Ratgeber schrieb:> b) bei einer> Bewerbung sehr viel Zeit (ca.15-20h) mit Recherche, Anschreiben,> Lebenslauf anpassen, ...
Ja alles klar. Omg. Bei dem Tempo würde ich dich nicht einstellen.
Wenn man genau eine Stelle braucht (Vollzeit), dann ist eigentlich nur
das eine Stellenangebot notwendig, dessen Stelle man nachher auch
antritt. Die anderen Bewerbungsschreiben waren alle nicht notwendig.
Z.B. suchte früher MYSQL Leute, die sich mit der Datenbank beschäftigt
haben und MYSQL schon tiefer kennen. Das hatte für MYSQL den Vorteil,
dass sie einen Programmierer einstellten, dass aber die ganzen
abgewiesenen Programmierer nun alle sich schon mit MYSQL
auseinandergesetzt hatten und das Produkt vielleicht irgendwo in einer
anderen Firma vorschlagen würden. Nun gehört die Firma zu Oracle.

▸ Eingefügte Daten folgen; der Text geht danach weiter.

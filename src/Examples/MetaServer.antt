-- ===== src/Examples/MetaServer.antt =====
-- A server that keeps meta data, and what is merged and removed there.
use libmio.Handlers.{unset}
use mathlib.Core.List.{not-mem-nil}
use libmio.Base.{
  ◌>>=◌, strcmp_eq, unlink_hit, ◌≡◌, refl, ap, ◌∙◌, String, [], ◌∷◌, Option, none, some,
}
use libmio.Xml.{trees, Tree, text}
use libmio.Meta.{location, Meta, meta_new, transducer_remove}
use libmio.Meta.Item.{meta_to_item}
use libmio.Meta.Trees.Whole.{meta_tree, tree-meta_to_item}
use libmio.Meta.Reading.{MetaReading}
use libmio.Meta.Callbacks.{visitor}
use libmio.Meta.RoundTrip.{arrived_meta, start_reading, visit-answer, visit-meta_tree}
use libmio.Meta.Publish.{remove_publish, remove_transducers}
use libmio.Meta.Publish.Kept.{keep_meta_at, IsUnlocated, KeepsMeta, remove_publish-keeps}
use libmio.Response.{Code, Response, ResponseType, Body, packet, response_new, packet_new}
use libmio.Response.Payloads.{answer}
use libmio.Handlers.Visit.{visit}
use libmio.Geoloc.{geoloc_new}
use libmio.Reference.Attributes.{overlay}
use libmio.Reference.Children.{Remote}
use libmio.Reference.Children.Kept.{answered, described}
use libmio.Examples.Told.{no_attributes}
use libmio.Examples.Devices.{texts, switch, lamp}

abbrev W : Type 0
W = String → Meta String

abbrev meta_or : Option (Meta String) → Meta String
meta_or none = meta_new
meta_or (some m) = m

abbrev meta_of_body : Body (Option (Meta String)) → Meta String
meta_of_body (packet p) = meta_or p.payload
meta_of_body _ = meta_new

abbrev meta_of : Option (MetaReading String) → Meta String
meta_of none = meta_new
meta_of (some s) = meta_of_body s.response.response

-- what a reader of the item finds
abbrev decoded : Tree → Meta String
decoded t = meta_of (
    visit (visitor texts) none unset (answer no_attributes no_attributes no_attributes t)
      (start_reading texts response_new (packet_new none)))

abbrev accept : W → Option Tree → String → Response Unit → Option (W × Code × Response Unit)
accept w none node r = none
accept w (some item) node r =
    some (keep_meta_at node (decoded item) w, Code.ok, record r { response_type = ResponseType.ok })

abbrev server : Remote W String trees
server = record {
  references_query = λ w node. (w, answered []);
  meta_query = λ w node. (w, described (w node));
  publish = accept;
}

abbrev metas : W → String → Meta String
metas w = w

abbrev listing : W → String → Code
listing _ _ = Code.ok

decoded-meta_to_item :
    (m : Meta String) (item : Tree)
    → IsUnlocated m
    → meta_to_item trees texts m ≡ some (some item)
    → decoded item ≡ arrived_meta m
decoded-meta_to_item m item h e =
    let (type, typed, shape) = tree-meta_to_item trees texts m item h.here h.there e in
    ap decoded shape
    ∙ ap meta_of (
        visit-answer texts no_attributes no_attributes no_attributes
          (overlay "id" (some "meta") (λ _. none)) (meta_tree m type) response_new (packet_new none)
        ∙ visit-meta_tree texts m type response_new (packet_new none) typed)

kept : KeepsMeta trees texts server listing metas
kept = record {
  queried = λ _ _. refl;
  answers = λ _ _. refl;
  asked = λ _ _. refl;
  lists = λ _ _. (_, refl);
  answered_references = λ _ _. refl;
  publishes = λ w m item node r h e. (
    keep_meta_at node (decoded item) w,
    record r { response_type = ResponseType.ok },
    refl,
    ap (λ l. keep_meta_at node l w) (decoded-meta_to_item m item h e),
  );
}

abbrev lamps : W
lamps _ = lamp

abbrev update : Meta String
update = record meta_new { name = some "lantern"; timestamp = some "noon"; meta_type = location }

abbrev lantern : Meta String
lantern = record lamp { name = some "lantern"; timestamp = some "noon"; meta_type = location }

abbrev item_of : Option (Option Tree) → Tree
item_of (some (some t)) = t
item_of _ = text ""

abbrev placed : W
placed _ = record lamp { geoloc = some geoloc_new }

lamp-IsUnlocated : IsUnlocated lamp
lamp-IsUnlocated = record { here = refl; there = (refl, tt) }

abbrev retract : W → String → Response Unit → W × Code × Response Unit
retract w node r = (keep_meta_at node meta_new w, Code.ok, r)

abbrev bare : Meta String
bare = record lamp { transducers = [] }

without_switch : remove_transducers (switch ∷ []) ("switch" ∷ []) ≡ some []
unfolding transducer_remove
without_switch =
    ap (λ o. o >>= λ l. some l)
      (unlink_hit (λ t. strcmp_eq t.name "switch") [] switch [] refl
        (λ b m. absurd (not-mem-nil m)))

remove_publish-keeps_example :
    (w' : W) × (r' : Response Unit) × (remove_publish trees texts server retract lamps "hall" none
        ("switch" ∷ [])
        []
        response_new
      ≡ some (Code.ok, w', r'))
    × (w' ≡ keep_meta_at "hall" (arrived_meta bare) lamps)
unfolding meta_to_item
remove_publish-keeps_example =
    remove_publish-keeps trees texts server listing metas kept retract lamps "hall" ("switch" ∷ [])
      [] [] lamp.properties response_new (item_of (meta_to_item trees texts bare)) without_switch
      refl (record { here = refl; there = tt }) refl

Ich war mal auf einem Gespräch für eine Computer-Admin-Stelle auf dem
Gemeindeamt. Bei den vielen Vorbewerbern und kritischen Gesichtern
schlug ich schließlich das vor, was ich in der COMPUTERWOCHE gelesen
hatte: "Warum lagern Sie den Admin-Dienst nicht einfach an eine private
Firma aus?" Ja, meine Gesprächspartner waren dort alle schön
untergekommen und nun diese Bedrohung...
Wenn du eine Stelle hast kommen sogar Headhunter aus der Schweiz. Sie
rufen dich nicht zu Hause an, da könntest du ja bluffen. Nein sondern:
Du hast gerade auf deinem Arbeitsplatz vor einer Woche eine neue
Telefonnummer bekommen. Dort meldet sich dann die Dame und erklärt: "Ich
sage nicht, woher ich Ihre Nummer habe, das ist wie die Schweigepflicht
der Ärzte". Dieses Vorgehen hat den Vorteil, dass die Abwerbung zuerst
mal deine jetzige Firma (als Konkurrenz) schädigt. Zum anderen lockert
sich gleich deine Bindung zum aktuelle Arbeitgeber, wenn nämlich dein
Kollege nebenan bestimmte untreue Worte aufschnappt.
Stellensuche hat auch zu tun mit der Bildung sozialer Schichten. In
unteren Schichten wollen sie dich nicht, denn du willst aufsteigen und
gehst bei erster Gelegenheit. Bei höheren Schichten wollen Sie dich auch
nicht, oder du spielst gern GOLF und hilfst mit, dass die
Arbeitsschutzvorschrift ihren Weg in den Papierkorb findet. Die Suche
nach der richtigen Schicht ist ein Ratespiel und du bekommst die Stelle
immer gerade so, ohne Sicherheitspuffer. Der Gesprächspartner merkt,
wenn das Gehalt für dich zu bequem wird (du machst einen zufriedenen
Eindruck), er schiebt dann Zusatzaufgaben für dich nach.